[Collected data]
== Segment start ==
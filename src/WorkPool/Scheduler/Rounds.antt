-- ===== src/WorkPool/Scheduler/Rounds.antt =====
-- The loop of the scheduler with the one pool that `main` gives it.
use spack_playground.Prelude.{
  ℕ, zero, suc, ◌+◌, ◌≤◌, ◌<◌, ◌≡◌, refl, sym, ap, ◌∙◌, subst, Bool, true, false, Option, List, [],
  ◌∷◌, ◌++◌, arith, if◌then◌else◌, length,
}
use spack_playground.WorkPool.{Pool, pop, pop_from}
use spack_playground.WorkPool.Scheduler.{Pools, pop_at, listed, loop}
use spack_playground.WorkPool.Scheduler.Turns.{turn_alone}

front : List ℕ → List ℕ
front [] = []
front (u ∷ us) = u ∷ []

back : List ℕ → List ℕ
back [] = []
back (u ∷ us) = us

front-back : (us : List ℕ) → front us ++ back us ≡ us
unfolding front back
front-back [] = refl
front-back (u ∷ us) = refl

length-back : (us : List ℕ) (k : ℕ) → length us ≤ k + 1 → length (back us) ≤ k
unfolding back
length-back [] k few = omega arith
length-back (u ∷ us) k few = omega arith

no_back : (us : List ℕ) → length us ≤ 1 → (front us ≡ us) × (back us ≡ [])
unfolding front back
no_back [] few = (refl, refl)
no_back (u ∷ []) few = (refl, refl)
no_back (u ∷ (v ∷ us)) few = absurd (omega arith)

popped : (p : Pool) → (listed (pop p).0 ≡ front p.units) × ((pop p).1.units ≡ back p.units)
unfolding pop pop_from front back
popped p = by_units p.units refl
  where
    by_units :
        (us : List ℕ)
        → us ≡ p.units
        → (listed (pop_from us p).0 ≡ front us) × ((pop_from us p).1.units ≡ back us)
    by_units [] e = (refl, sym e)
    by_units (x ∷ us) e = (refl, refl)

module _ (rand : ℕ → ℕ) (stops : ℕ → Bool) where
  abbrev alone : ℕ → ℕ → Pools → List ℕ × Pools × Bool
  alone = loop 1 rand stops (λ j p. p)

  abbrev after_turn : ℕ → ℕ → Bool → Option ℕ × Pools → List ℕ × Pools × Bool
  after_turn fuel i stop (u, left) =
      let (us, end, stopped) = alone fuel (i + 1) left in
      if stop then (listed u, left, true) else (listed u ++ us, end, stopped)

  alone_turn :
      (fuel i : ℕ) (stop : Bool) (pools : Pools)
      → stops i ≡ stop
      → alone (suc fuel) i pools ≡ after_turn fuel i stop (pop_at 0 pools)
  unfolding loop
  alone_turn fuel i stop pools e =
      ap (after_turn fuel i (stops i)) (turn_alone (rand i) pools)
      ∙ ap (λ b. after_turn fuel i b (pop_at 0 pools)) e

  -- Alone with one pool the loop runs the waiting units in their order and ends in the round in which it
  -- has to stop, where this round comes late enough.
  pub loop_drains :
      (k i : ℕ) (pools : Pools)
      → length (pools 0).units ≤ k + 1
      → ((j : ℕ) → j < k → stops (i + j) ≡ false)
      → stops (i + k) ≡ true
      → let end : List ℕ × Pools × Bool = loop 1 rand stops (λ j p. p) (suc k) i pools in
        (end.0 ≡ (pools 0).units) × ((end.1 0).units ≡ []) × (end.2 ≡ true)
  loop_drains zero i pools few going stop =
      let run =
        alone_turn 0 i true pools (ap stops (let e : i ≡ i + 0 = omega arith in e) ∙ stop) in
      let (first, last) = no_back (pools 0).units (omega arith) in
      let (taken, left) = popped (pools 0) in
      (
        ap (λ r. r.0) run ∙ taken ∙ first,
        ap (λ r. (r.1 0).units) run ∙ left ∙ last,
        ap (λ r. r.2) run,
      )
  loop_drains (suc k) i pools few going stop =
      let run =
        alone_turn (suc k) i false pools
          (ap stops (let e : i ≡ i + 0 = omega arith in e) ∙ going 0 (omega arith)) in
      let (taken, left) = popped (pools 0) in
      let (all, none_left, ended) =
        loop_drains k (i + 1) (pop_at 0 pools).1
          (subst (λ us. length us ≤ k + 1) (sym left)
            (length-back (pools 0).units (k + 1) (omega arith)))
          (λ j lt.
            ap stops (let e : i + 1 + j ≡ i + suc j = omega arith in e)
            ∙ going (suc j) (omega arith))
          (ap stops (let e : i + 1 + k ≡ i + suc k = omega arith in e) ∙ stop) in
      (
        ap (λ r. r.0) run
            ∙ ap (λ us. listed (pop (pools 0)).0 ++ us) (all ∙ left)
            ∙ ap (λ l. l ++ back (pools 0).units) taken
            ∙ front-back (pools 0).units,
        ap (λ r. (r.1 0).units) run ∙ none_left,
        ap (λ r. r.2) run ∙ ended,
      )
== Segment end ==
> [Action item]: What is needed is an exact repetition of all the entries above.

> [Your response]:
filename src/WorkPool/Scheduler/Rounds.antt
-- ===== src/WorkPool/Scheduler/Rounds.antt =====
-- The loop of the scheduler with the one pool that `main` gives it.
use spack_playground.Prelude.{
  ℕ, zero, suc, ◌+◌, ◌≤◌, ◌<◌, ◌≡◌, refl, sym, ap, ◌∙◌, subst, Bool, true, false, Option, List, [],
  ◌∷◌, ◌++◌, arith, if◌then◌else◌, length,
}
use spack_playground.WorkPool.{Pool, pop, pop_from}
use spack_playground.WorkPool.Scheduler.{Pools, pop_at, listed, loop}
use spack_playground.WorkPool.Scheduler.Turns.{turn_alone}

front : List ℕ → List ℕ
front [] = []
front (u ∷ us) = u ∷ []

back : List ℕ → List ℕ
back [] = []
back (u ∷ us) = us

front-back : (us : List ℕ) → front us ++ back us ≡ us
unfolding front back
front-back [] = refl
front-back (u ∷ us) = refl

length-back : (us : List ℕ) (k : ℕ) → length us ≤ k + 1 → length (back us) ≤ k
unfolding back
length-back [] k few = omega arith
length-back (u ∷ us) k few = omega arith

no_back : (us : List ℕ) → length us ≤ 1 → (front us ≡ us) × (back us ≡ [])
unfolding front back
no_back [] few = (refl, refl)
no_back (u ∷ []) few = (refl, refl)
no_back (u ∷ (v ∷ us)) few = absurd (omega arith)

popped : (p : Pool) → (listed (pop p).0 ≡ front p.units) × ((pop p).1.units ≡ back p.units)
unfolding pop pop_from front back
popped p = by_units p.units refl
  where
    by_units :
        (us : List ℕ)
        → us ≡ p.units
        → (listed (pop_from us p).0 ≡ front us) × ((pop_from us p).1.units ≡ back us)
    by_units [] e = (refl, sym e)
    by_units (x ∷ us) e = (refl, refl)

module _ (rand : ℕ → ℕ) (stops : ℕ → Bool) where
  abbrev alone : ℕ → ℕ → Pools → List ℕ × Pools × Bool
  alone = loop 1 rand stops (λ j p. p)

  abbrev after_turn : ℕ → ℕ → Bool → Option ℕ × Pools → List ℕ × Pools × Bool
  after_turn fuel i stop (u, left) =
      let (us, end, stopped) = alone fuel (i + 1) left in
      if stop then (listed u, left, true) else (listed u ++ us, end, stopped)

  alone_turn :
      (fuel i : ℕ) (stop : Bool) (pools : Pools)
      → stops i ≡ stop
      → alone (suc fuel) i pools ≡ after_turn fuel i stop (pop_at 0 pools)
  unfolding loop
  alone_turn fuel i stop pools e =
      ap (after_turn fuel i (stops i)) (turn_alone (rand i) pools)
      ∙ ap (λ b. after_turn fuel i b (pop_at 0 pools)) e

  -- Alone with one pool the loop runs the waiting units in their order and ends in the round in which it
  -- has to stop, where this round comes late enough.
  pub loop_drains :
      (k i : ℕ) (pools : Pools)
      → length (pools 0).units ≤ k + 1
      → ((j : ℕ) → j < k → stops (i + j) ≡ false)
      → stops (i + k) ≡ true
      → let end : List ℕ × Pools × Bool = loop 1 rand stops (λ j p. p) (suc k) i pools in
        (end.0 ≡ (pools 0).units) × ((end.1 0).units ≡ []) × (end.2 ≡ true)
  loop_drains zero i pools few going stop =
      let run =
        alone_turn 0 i true pools (ap stops (let e : i ≡ i + 0 = omega arith in e) ∙ stop) in
      let (first, last) = no_back (pools 0).units (omega arith) in
      let (taken, left) = popped (pools 0) in
      (
        ap (λ r. r.0) run ∙ taken ∙ first,
        ap (λ r. (r.1 0).units) run ∙ left ∙ last,
        ap (λ r. r.2) run,
      )
  loop_drains (suc k) i pools few going stop =
      let run =
        alone_turn (suc k) i false pools
          (ap stops (let e : i ≡ i + 0 = omega arith in e) ∙ going 0 (omega arith)) in
      let (taken, left) = popped (pools 0) in
      let (all, none_left, ended) =
        loop_drains k (i + 1) (pop_at 0 pools).1
          (subst (λ us. length us ≤ k + 1) (sym left)
            (length-back (pools 0).units (k + 1) (omega arith)))
          (λ j lt.
            ap stops (let e : i + 1 + j ≡ i + suc j = omega arith in e)
            ∙ going (suc j) (omega arith))
          (ap stops (let e : i + 1 + k ≡ i + suc k = omega arith in e) ∙ stop) in
      (
        ap (λ r. r.0) run
            ∙ ap (λ us. listed (pop (pools 0)).0 ++ us) (all ∙ left)
            ∙ ap (λ l. l ++ back (pools 0).units) taken
            ∙ front-back (pools 0).units,
        ap (λ r. (r.1 0).units) run ∙ none_left,
        ap (λ r. r.2) run ∙ ended,
      )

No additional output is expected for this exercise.